[lbo-talk] David Broder explains what's wrong with the Iowa caucus

Seth Ackerman sethackerman1 at verizon.net
Thu Jan 3 11:34:39 PST 2008


http://www.washingtonpost.com/wp-dyn/content/article/2008/01/02/AR2008010202489_pf.html

Wait for New Hampshire By David S. Broder Thursday, January 3, 2008; A19

... the main impulse is a broader populist tradition that tugs the Democratic Party of Iowa to the left. That tradition may go back to the days of Henry Wallace, the Iowa-born vice president under FDR. But it has been embodied in recent decades by Tom Harkin, the longtime Democratic senator who ran for president himself in 1992 and quickly fell behind the more moderate Bill Clinton and Paul Tsongas.

Harkin has accustomed Iowa Democrats to a red-meat diet of anti-corporate rhetoric, a tradition he shared with the late Paul Wellstone of Minnesota. That theme was echoed this year and in 2004 by John Edwards and was imitated -- with varying degrees of conviction -- by Hillary Clinton and Barack Obama in the closing stages of the Iowa race.

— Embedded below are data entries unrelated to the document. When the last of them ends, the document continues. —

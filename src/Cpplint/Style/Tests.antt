-- ===== src/Cpplint/Style/Tests.antt =====
-- Runs of the checks of style.
use cmu.Base.{none, some, List, ◌≡◌, ◌≤◌, refl, arith, length, Text, [], ◌∷◌, text}
use cmu.Cpplint.Report.{report, call, parse_nolint}
use cmu.Cpplint.Cleansed.{CleansedLines}
use cmu.Cpplint.Headers.{Extensions}
use cmu.Cpplint.Nesting.{initial}
use cmu.Cpplint.Style.Braces.{check_braces}
use cmu.Cpplint.Style.EmptyBlock.{check_empty_block_body}
use cmu.Cpplint.Style.TrailingSemicolon.{check_trailing_semicolon}
use cmu.Cpplint.Style.Line.{check_style}
use cmu.Cpplint.Style.Calls.{check_spacing_for_function_call, check_comma_spacing}
use cmu.Cpplint.Style.CommentText.{check_comment}
use cmu.Cpplint.Style.AltTokens.{check_alt_tokens}
use cmu.Cpplint.Style.Operators.{check_operator_spacing}
use cmu.Cpplint.Style.CheckMacros.{check_check, parse_from}
use cmu.Cpplint.Style.CheckMacros.Rounds.{parse_from-enough}

test_call :
    check_spacing_for_function_call (text "a.cc") 3 (text "f( x);")
    ≡ report (text "a.cc") 3 "whitespace/parens" 4 (text "Extra space after ( in function call")
      ∷ []
unfolding check_spacing_for_function_call
test_call = refl

test_comma :
    check_comma_spacing (text "a.cc") 3 (text "f(a,b);") (text "f(a,b);")
    ≡ report (text "a.cc") 3 "whitespace/comma" 3 (text "Missing space after ,") ∷ []
unfolding check_comma_spacing
test_comma = refl

test_todo :
    check_comment (text "// TODO fix") (text "a.cc") 3 0
    ≡ report
        (text "a.cc")
        3
        "readability/todo"
        2
        (text "Missing username in TODO; it should look like \"// TODO(my_username): Stuff.\"")
      ∷ []
unfolding check_comment
test_todo = refl

test_tokens :
    check_alt_tokens (text "a.cc") 3 (text "if (a and b or c)")
    ≡ report (text "a.cc") 3 "readability/alt_tokens" 2 (text "Use operator && instead of and")
      ∷ report (text "a.cc") 3 "readability/alt_tokens" 2 (text "Use operator || instead of or")
      ∷ []
unfolding check_alt_tokens
test_tokens = refl

test_operator :
    check_operator_spacing
      (text "a.cc")
      (text "bool operator==(T a) { x=1; }" ∷ [])
      0
      (text "bool operator==(T a) { x=1; }")
    ≡ report (text "a.cc") 0 "whitespace/operators" 4 (text "Missing spaces around =") ∷ []
unfolding check_operator_spacing
test_operator = refl

test_check :
    check_check (text "a.cc") (text "CHECK(x == 42);" ∷ []) 0
    ≡ report
        (text "a.cc")
        0
        "readability/check"
        2
        (text "Consider using CHECK_EQ instead of CHECK(a == b)")
      ∷ []
unfolding check_check
test_check = refl

abbrev expression : Text
expression = text "f(x) + 1 == 42"

expression-short : length expression ≤ 14
expression-short = omega arith

expression-shorter : length expression ≤ 30
expression-shorter = omega arith

parse_from-enough_example :
    parse_from (λ _ _. none) 14 [] expression
    ≡ parse_from (λ _ _. some (record { lhs = []; operator = []; rhs = [] })) 30 [] expression
parse_from-enough_example =
    parse_from-enough (λ _ _. none) (λ _ _. some (record { lhs = []; operator = []; rhs = [] })) 14
      30 [] expression expression-short expression-shorter

abbrev cleansed : List Text → CleansedLines
cleansed lines = record {
  elided = lines;
  lines = lines;
  raw_lines = lines;
  num_lines = length lines;
  lines_without_raw_strings = lines;
}

abbrev brace_lines : List Text
brace_lines =
    text ""
    ∷ text "int f()"
    ∷ text "{"
    ∷ text "  if (x) { } else"
    ∷ text "    y(); z();"
    ∷ text "}"
    ∷ []

test_brace_alone :
    check_braces (λ s. length s) 80 (text "a.cc") brace_lines 2 (text "{")
    ≡ report
        (text "a.cc")
        2
        "whitespace/braces"
        4
        (text "{ should almost always be at the end of the previous line")
      ∷ []
unfolding check_braces
test_brace_alone = refl

test_one_side :
    check_braces (λ s. length s) 80 (text "a.cc") brace_lines 3 (text "  if (x) { } else")
    ≡ report
        (text "a.cc")
        3
        "readability/braces"
        5
        (text "If an else has a brace on one side, it should have it on both")
      ∷ []
unfolding check_braces
test_one_side = refl

test_empty_if :
    check_empty_block_body
      (text "a.cc")
      (cleansed (text "if (a) {" ∷ text "}" ∷ text "f();" ∷ []))
      0
    ≡ report
        (text "a.cc")
        0
        "whitespace/empty_if_body"
        4
        (text "If statement had no body and no else clause")
      ∷ []
unfolding check_empty_block_body
test_empty_if = refl

test_else_follows :
    check_empty_block_body
      (text "a.cc")
      (cleansed (text "if (a) {" ∷ text "} else {" ∷ text "}" ∷ []))
      0
    ≡ []
unfolding check_empty_block_body
test_else_follows = refl

test_semicolon :
    check_trailing_semicolon
      (text "a.cc")
      (cleansed (text "" ∷ text "while (x) {" ∷ text "};" ∷ []))
      1
    ≡ parse_nolint (text "while (x) {") 1
      ∷ parse_nolint (text "};") 2
      ∷ call (report (text "a.cc") 2 "readability/braces" 4 (text "You don't need a ; after a }"))
      ∷ []
unfolding check_trailing_semicolon
test_semicolon = refl

abbrev defaults : Extensions
defaults = record { hpp_headers = []; valid_extensions = [] }

test_style :
    check_style
      (λ s. length s)
      80
      defaults
      (λ f. f)
      (λ f. f)
      (λ f. f)
      []
      (text "a.cc")
      (cleansed (text "" ∷ text "   x = 1; " ∷ []))
      1
      (text "cc")
      initial
    ≡ call (
        report
          (text "a.cc")
          1
          "whitespace/indent"
          3
          (text "Weird number of spaces at line-start.  Are you using a 2-space indent?"))
      ∷ call (
          report
            (text "a.cc")
            1
            "whitespace/end_of_line"
            4
            (text "Line ends in whitespace.  Consider deleting these extra spaces."))
      ∷ []
unfolding check_style
test_style = refl
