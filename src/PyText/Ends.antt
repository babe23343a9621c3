-- ===== src/PyText/Ends.antt =====
-- The last character of a text: `endswith` of one character, and a slice that leaves it out.
use mathlib.Core.List.{reverse-append}
use cmu.Base.{
  ℕ, ◌-◌, ◌≡◌, refl, ap, ◌⊎◌, inl, inr, [], ◌∷◌, ◌++◌, arith, ◌==◌, length, length-append, take,
  Text,
}
use cmu.PyText.{starts_with, ends_with}

-- A text is empty or has a last character.
pub last-cases : (t : Text) → (t ≡ []) ⊎ ((xs : Text) × (y : ℕ) × (t ≡ xs ++ y ∷ []))
last-cases [] = inl refl
last-cases (x ∷ t) = elim (last-cases t) [
  | inl e ↦ inr ([], x, ap (◌∷◌ x) e)
  | inr (xs, y, e) ↦ inr (x ∷ xs, y, ap (◌∷◌ x) e)
]

pub ends_with-concat : (c : ℕ) (xs : Text) (y : ℕ) → ends_with (c ∷ []) (xs ++ y ∷ []) ≡ (c == y)
unfolding ends_with starts_with
ends_with-concat c xs y = rw reverse-append (ground arith)

take_all : (xs ys : Text) → take (length xs) (xs ++ ys) ≡ xs
take_all [] ys = refl
take_all (x ∷ xs) ys = ap (◌∷◌ x) (take_all xs ys)

pub take-length-concat : (xs : Text) (y : ℕ) → take (length (xs ++ y ∷ []) - 1) (xs ++ y ∷ []) ≡ xs
take-length-concat xs y =
    let e : length (xs ++ y ∷ []) - 1 ≡ length xs = omega (arith, length-append xs (y ∷ [])) in
    rw e (take_all xs (y ∷ []))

It has been an Iowa pattern to tilt the Democratic race leftward and the Republican race to the right. And often it has been New Hampshire, where the primary turnout approximates the pattern of the overall electorate, that restores the balance and corrects for the distorting effects of the Iowa dynamic.

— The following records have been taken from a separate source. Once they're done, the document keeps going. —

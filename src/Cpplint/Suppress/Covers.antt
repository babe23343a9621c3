-- ===== src/Cpplint/Suppress/Covers.antt =====
-- Which errors a NOLINT comment silences, told without the slices and branches of the code.
use cmu.Base.{
  ℕ, suc, ◌≡◌, refl, ap, ◌∙◌, inl, inr, Bool, true, false, ◌&&◌, ◌||◌, Option, none, some, List, [],
  ◌∷◌, ◌++◌, arith, ◌==◌, Text, text, text_eq, text_eq_iff,
}
use cmu.PyText.{starts_with, ends_with, member}
use cmu.PyText.Ends.{last-cases, ends_with-concat, take-length-concat}
use cmu.Regex.{Cursor, search_all, finds, group?}
use cmu.Cpplint.Categories.{
  error_categories, default_c_suppressed_categories, default_kernel_suppressed_categories,
}
use cmu.Cpplint.Suppress.{
  Key, Lines, Suppressions, key_eq, has_line, on_line, add_line, nolint, inner, suppressed_line,
  parse_nolint_suppressions, process_global_suppresions, reset_nolint_suppressions,
  is_error_suppressed_by_nolint, parse_groups, add_to, parse_category, parse_match, search_c_file,
  search_kernel_file, process_global_line,
}

-- The category in parentheses, if there is one, is `c`, or stands for all.
abbrev names : Option Text → Text → Bool
names none c = true
names (some t) c =
    text_eq t (text "(*)") || text_eq t (b'(' ∷ (c ++ b')' ∷ [])) && member c error_categories

-- the line at hand, or the next one if `NEXTLINE` is there
abbrev is_line : Option Text → ℕ → ℕ → Bool
is_line none linenum l = l == linenum
is_line (some _) linenum l = l == suc linenum

abbrev pub covers : Option (ℕ × Cursor) → ℕ → Text → ℕ → Bool
covers none linenum c l = false
covers (some (_, m)) linenum c l = is_line (group? 1 m) linenum l && names (group? 2 m) c

key_eq_refl : (k : Key) → key_eq k k ≡ true
unfolding key_eq
key_eq_refl none = refl
key_eq_refl (some s) = (text_eq_iff s s).1 refl

key_eq→eq : (j k : Key) → key_eq j k ≡ true → j ≡ k
unfolding key_eq
key_eq→eq none none h = refl
key_eq→eq (some s) (some t) h = ap some ((text_eq_iff s t).0 h)
key_eq→eq none (some t) h = cc
key_eq→eq (some s) none h = cc

on_line-add_line :
    (k j : Key) (n m : ℕ) (d : Lines)
    → on_line k n (add_line j m d) ≡ (key_eq k j && n == m || on_line k n d)
unfolding on_line add_line has_line
on_line-add_line k j n m [] = ground arith
on_line-add_line k j n m ((i, ms) ∷ d) = ground (
  arith,
  on_line-add_line k j n m d,
  key_eq→eq k j,
  key_eq→eq k i,
  key_eq→eq j i,
  key_eq_refl k,
  key_eq_refl j,
  key_eq_refl i,
)

text_eq-concat :
    (xs c : Text) (y z : ℕ) → text_eq (xs ++ y ∷ []) (c ++ z ∷ []) ≡ (text_eq c xs && z == y)
unfolding text_eq
text_eq-concat [] [] y z = ground arith
text_eq-concat (x ∷ xs) (d ∷ c) y z = ground (arith, text_eq-concat xs c y z)
text_eq-concat [] (d ∷ []) y z = ground arith
text_eq-concat [] (d ∷ e ∷ c) y z = ground arith
text_eq-concat (x ∷ []) [] y z = ground arith
text_eq-concat (x ∷ w ∷ xs) [] y z = ground arith

text_eq-nil-concat : (c : Text) (z : ℕ) → text_eq [] (c ++ z ∷ []) ≡ false
unfolding text_eq
text_eq-nil-concat [] z = refl
text_eq-nil-concat (d ∷ c) z = refl

inner-concat : (x y : ℕ) (xs : Text) → inner (x ∷ (xs ++ y ∷ [])) ≡ xs
unfolding inner
inner-concat x y xs = rw (take-length-concat (x ∷ xs) y)

-- `(…)` taken apart by tests and a slice is the same as put together.
inner_iff_last :
    (c xs : Text) (y : ℕ)
    → (starts_with (text "(") (xs ++ y ∷ [])
        && ends_with (text ")") (xs ++ y ∷ [])
        && text_eq c (inner (xs ++ y ∷ [])))
      ≡ text_eq (xs ++ y ∷ []) (b'(' ∷ (c ++ b')' ∷ []))
inner_iff_last c [] y =
    rw (ends_with-concat b')' [] y)
      (unfold starts_with text_eq in ground (arith, text_eq-nil-concat c b')'))
inner_iff_last c (x ∷ xs) y =
    rw (ends_with-concat b')' (x ∷ xs) y, inner-concat x y xs)
      (unfold starts_with text_eq in ground (arith, text_eq-concat xs c y b')'))

inner_iff :
    (c t : Text)
    → (starts_with (text "(") t && ends_with (text ")") t && text_eq c (inner t))
      ≡ text_eq t (b'(' ∷ (c ++ b')' ∷ []))
inner_iff c t = elim (last-cases t) [
  | inl e ↦ rw e (unfold starts_with text_eq in refl)
  | inr (xs, y, e) ↦ rw e (inner_iff_last c xs y)
]

suppressed_line_lem :
    (o : Option Text) (linenum l : ℕ) → (l == suppressed_line linenum o) ≡ is_line o linenum l
unfolding suppressed_line
suppressed_line_lem none linenum l = refl
suppressed_line_lem (some t) linenum l = ground arith

module _ (filename : Text) (linenum : ℕ) (s : Suppressions) (c : Text) (l : ℕ) where
  parse_groups_lem :
      (line : ℕ) (o : Option Text)
      → is_error_suppressed_by_nolint c l (parse_groups filename linenum line o s).0
        ≡ (is_error_suppressed_by_nolint c l s || l == line && names o c)
  unfolding is_error_suppressed_by_nolint parse_groups add_to parse_category key_eq
  parse_groups_lem line none = ground (
    arith,
    on_line-add_line (some c) none l line s.by_line,
    on_line-add_line none none l line s.by_line,
  )
  parse_groups_lem line (some t) = ground (
    arith,
    inner_iff c t,
    text_eq_iff c (inner t),
    on_line-add_line (some c) none l line s.by_line,
    on_line-add_line none none l line s.by_line,
    on_line-add_line (some c) (some (inner t)) l line s.by_line,
    on_line-add_line none (some (inner t)) l line s.by_line,
  )

  parse_match_lem :
      (m : Option (ℕ × Cursor))
      → is_error_suppressed_by_nolint c l (parse_match filename linenum m s).0
        ≡ (is_error_suppressed_by_nolint c l s || covers m linenum c l)
  unfolding parse_match
  parse_match_lem none = ground arith
  parse_match_lem (some (k, m)) =
      parse_groups_lem (suppressed_line linenum (group? 1 m)) (group? 2 m)
      ∙ ap (λ b. is_error_suppressed_by_nolint c l s || b && names (group? 2 m) c)
          (suppressed_line_lem (group? 1 m) linenum l)

-- After a line is read, an error is silenced exactly if it was before or the comment on the line
-- speaks of it.
pub parse_nolint_suppressions_lem :
    (filename raw_line : Text) (linenum : ℕ) (s : Suppressions) (c : Text) (l : ℕ)
    → is_error_suppressed_by_nolint c l (parse_nolint_suppressions filename raw_line linenum s).0
      ≡ (is_error_suppressed_by_nolint c l s || covers (search_all nolint raw_line) linenum c l)
unfolding parse_nolint_suppressions
parse_nolint_suppressions_lem filename raw_line linenum s c l =
    parse_match_lem filename linenum s c l (search_all nolint raw_line)

-- Whether a line holds the mark of a C file or of a kernel file, for the category that it silences.
abbrev marks : Text → Text → Bool
marks c line =
    finds search_c_file line && member c default_c_suppressed_categories
    || finds search_kernel_file line && member c default_kernel_suppressed_categories

abbrev pub any_marks : Text → List Text → Bool
any_marks c [] = false
any_marks c (line ∷ lines) = marks c line || any_marks c lines

member-append : (c : Text) (xs ys : List Text) → member c (xs ++ ys) ≡ (member c xs || member c ys)
unfolding member
member-append c [] ys = refl
member-append c (x ∷ xs) ys = ground (arith, member-append c xs ys)

process_global_line_lem :
    (line : Text) (s : Suppressions) (c : Text) (l : ℕ)
    → is_error_suppressed_by_nolint c l (process_global_line line s)
      ≡ (is_error_suppressed_by_nolint c l s || marks c line)
unfolding process_global_line is_error_suppressed_by_nolint
process_global_line_lem line s c l = ground arith

process_global_suppresions_from :
    (lines : List Text) (s : Suppressions) (c : Text) (l : ℕ)
    → is_error_suppressed_by_nolint c l (process_global_suppresions lines s)
      ≡ (is_error_suppressed_by_nolint c l s || any_marks c lines)
unfolding process_global_suppresions
process_global_suppresions_from [] s c l = ground arith
process_global_suppresions_from (line ∷ lines) s c l = ground (
  arith,
  process_global_suppresions_from lines (process_global_line line s) c l,
  process_global_line_lem line s c l,
)

-- Once the suppressions are reset and the lines of a file are scanned for marks of a C or a kernel
-- file, an error is silenced, on every line, exactly if some line of the file marks its category.
pub process_global_suppresions_lem :
    (lines : List Text) (s : Suppressions) (c : Text) (l : ℕ)
    → is_error_suppressed_by_nolint c l
        (process_global_suppresions lines (reset_nolint_suppressions s))
      ≡ any_marks c lines
process_global_suppresions_lem lines s c l =
    process_global_suppresions_from lines (reset_nolint_suppressions s) c l
    ∙ unfold reset_nolint_suppressions is_error_suppressed_by_nolint on_line member in refl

The key to New Hampshire is usually found among independent voters, who can take part in either party's primary, depending on the choice each individual makes on primary day.

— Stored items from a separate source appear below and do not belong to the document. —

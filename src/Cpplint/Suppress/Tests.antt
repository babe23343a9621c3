-- ===== src/Cpplint/Suppress/Tests.antt =====
-- Runs of the suppressions.
use cmu.Base.{◌≡◌, refl, true, some, [], ◌∷◌, ◌||◌, text}
use cmu.Regex.{search_all}
use cmu.Cpplint.Categories.{error_categories}
use cmu.Cpplint.Report.{report}
use cmu.Cpplint.Suppress.{
  Suppressions, nolint, parse_nolint_suppressions, process_global_suppresions,
  reset_nolint_suppressions, is_error_suppressed_by_nolint,
}
use cmu.Cpplint.Suppress.Covers.{
  covers, any_marks, parse_nolint_suppressions_lem, process_global_suppresions_lem,
}

abbrev nothing : Suppressions
nothing = record { by_line = []; whole_file = [] }

-- `// NOLINTNEXTLINE(build/c++11)` on line 7, asked for on line 8
parse_nolint_suppressions_lem_example :
    is_error_suppressed_by_nolint
      (text "build/c++11")
      8
      (parse_nolint_suppressions (text "a.cc") (text "// NOLINTNEXTLINE(build/c++11)") 7 nothing).0
    ≡ (is_error_suppressed_by_nolint (text "build/c++11") 8 nothing
        || covers
            (search_all nolint (text "// NOLINTNEXTLINE(build/c++11)"))
            7
            (text "build/c++11")
            8)
parse_nolint_suppressions_lem_example =
    parse_nolint_suppressions_lem (text "a.cc") (text "// NOLINTNEXTLINE(build/c++11)") 7 nothing
      (text "build/c++11") 8

process_global_suppresions_lem_example :
    is_error_suppressed_by_nolint (text "readability/casting") 3 (
      process_global_suppresions
        (text "// vim: filetype=c" ∷ text "x" ∷ [])
        (reset_nolint_suppressions nothing))
    ≡ any_marks (text "readability/casting") (text "// vim: filetype=c" ∷ text "x" ∷ [])
process_global_suppresions_lem_example =
    process_global_suppresions_lem (text "// vim: filetype=c" ∷ text "x" ∷ []) nothing
      (text "readability/casting") 3

test_next_line :
    (parse_nolint_suppressions (text "a.cc") (text "// NOLINTNEXTLINE(build/c++11)") 7 nothing).0
    ≡ record { by_line = (some (text "build/c++11"), 8 ∷ []) ∷ []; whole_file = [] }
unfolding parse_nolint_suppressions search_all error_categories
test_next_line = refl

test_unknown : parse_nolint_suppressions (text "a.cc") (text "x; // NOLINT(foo)") 7 nothing ≡ (
  nothing,
  report (text "a.cc") 7 "readability/nolint" 5 (text "Unknown NOLINT error category: foo") ∷ [],
)
unfolding parse_nolint_suppressions search_all error_categories
test_unknown = refl

test_c_file :
    is_error_suppressed_by_nolint
      (text "readability/casting")
      3
      (process_global_suppresions (text "// vim: filetype=c" ∷ []) nothing)
    ≡ true
unfolding is_error_suppressed_by_nolint process_global_suppresions
test_c_file = refl
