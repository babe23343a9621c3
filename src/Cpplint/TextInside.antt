-- ===== src/Cpplint/TextInside.antt =====
-- `_GetTextInside` of build_support/cpplint.py.
pub mod Nested
use cmu.Base.{
  ℕ, Bool, true, false, ◌||◌, Option, none, some, List, [], ◌∷◌, ◌==◌, if◌then◌else◌, Text, text,
}
use cmu.PyText.{contains}
use cmu.Regex.{Re, search_multiline}

-- `matching_punctuation`, and its values
abbrev pub is_opening : ℕ → Bool
is_opening c = c == b'(' || (c == b'{' || c == b'[')

abbrev pub is_closing : ℕ → Bool
is_closing c = c == b')' || (c == b'}' || c == b']')

abbrev pub matching_punctuation : ℕ → ℕ
matching_punctuation c = if c == b'(' then b')' else if c == b'{' then b'}' else b']'

abbrev pub cons_text : ℕ → Option Text → Option Text
cons_text c none = none
cons_text c (some s) = some (c ∷ s)

-- The loop, over the text from a position on, with the top of the stack of closing punctuations that are
-- expected and the rest of the stack: what is read until the stack is empty, without the last character.
pub text_until : ℕ → List ℕ → Text → Option Text
text_until top stack [] = none
text_until top stack (c ∷ s) = elim (c == top) [
  | true ↦ elim stack [ [] ↦ some [] | next ∷ below ↦ cons_text c (text_until next below s) ]
  | false ↦ elim (is_closing c) [
    | true ↦ none
    | false ↦ elim (is_opening c) [
      | true ↦ cons_text c (text_until (matching_punctuation c) (top ∷ stack) s)
      | false ↦ cons_text c (text_until top stack s)
    ]
  ]
]

-- the text behind a match that has read a text, backwards; `none` is a failed assertion
behind_match : Text → Text → Option (Option Text)
unfolding text_until
behind_match [] rest = none
behind_match (c ∷ before) rest =
    if is_opening c then some (text_until (matching_punctuation c) [] rest) else none

-- `_GetTextInside`; `none` is a failed assertion, and `some none` is `None`
unfoldable pub get_text_inside : Text → Re → Option (Option Text)
unfolding search_multiline behind_match
get_text_inside s start_pattern = elim (search_multiline start_pattern s) [
  | none ↦ some none
  | some (_, m) ↦ behind_match m.before m.rest
]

That fact by itself pulls the candidates away from the ideological edges and back to the center, and it is abetted by two other forces. Organized labor is a much weaker political element inside the New Hampshire Democratic Party than it is in Iowa's. And among Republicans, the state is much more secular than Iowa, with a significantly smaller percentage of people who describe themselves as born-again Christians.

The Democratic Party of New Hampshire is a balanced blend of college-trained, high-tech people and educators, with a leavening of retirees and a significant ethnic, urban contingent in Manchester and Nashua, as well. The Republican Party here is a small-business and professional class, with some blue-collar elements and a spillover of former Massachusetts residents living along the southern border.

In New Hampshire, nearly half as many people voted in the 2004 primary as in the November general election -- a far better cross-section of the state. What was even more remarkable was that the number of votes cast in the Democratic presidential primary -- 221,309 -- was two-thirds of the votes John Kerry received when he carried the state in November.

New Hampshire is a more reliable, less distorted lens through which to view the presidential landscape than Iowa.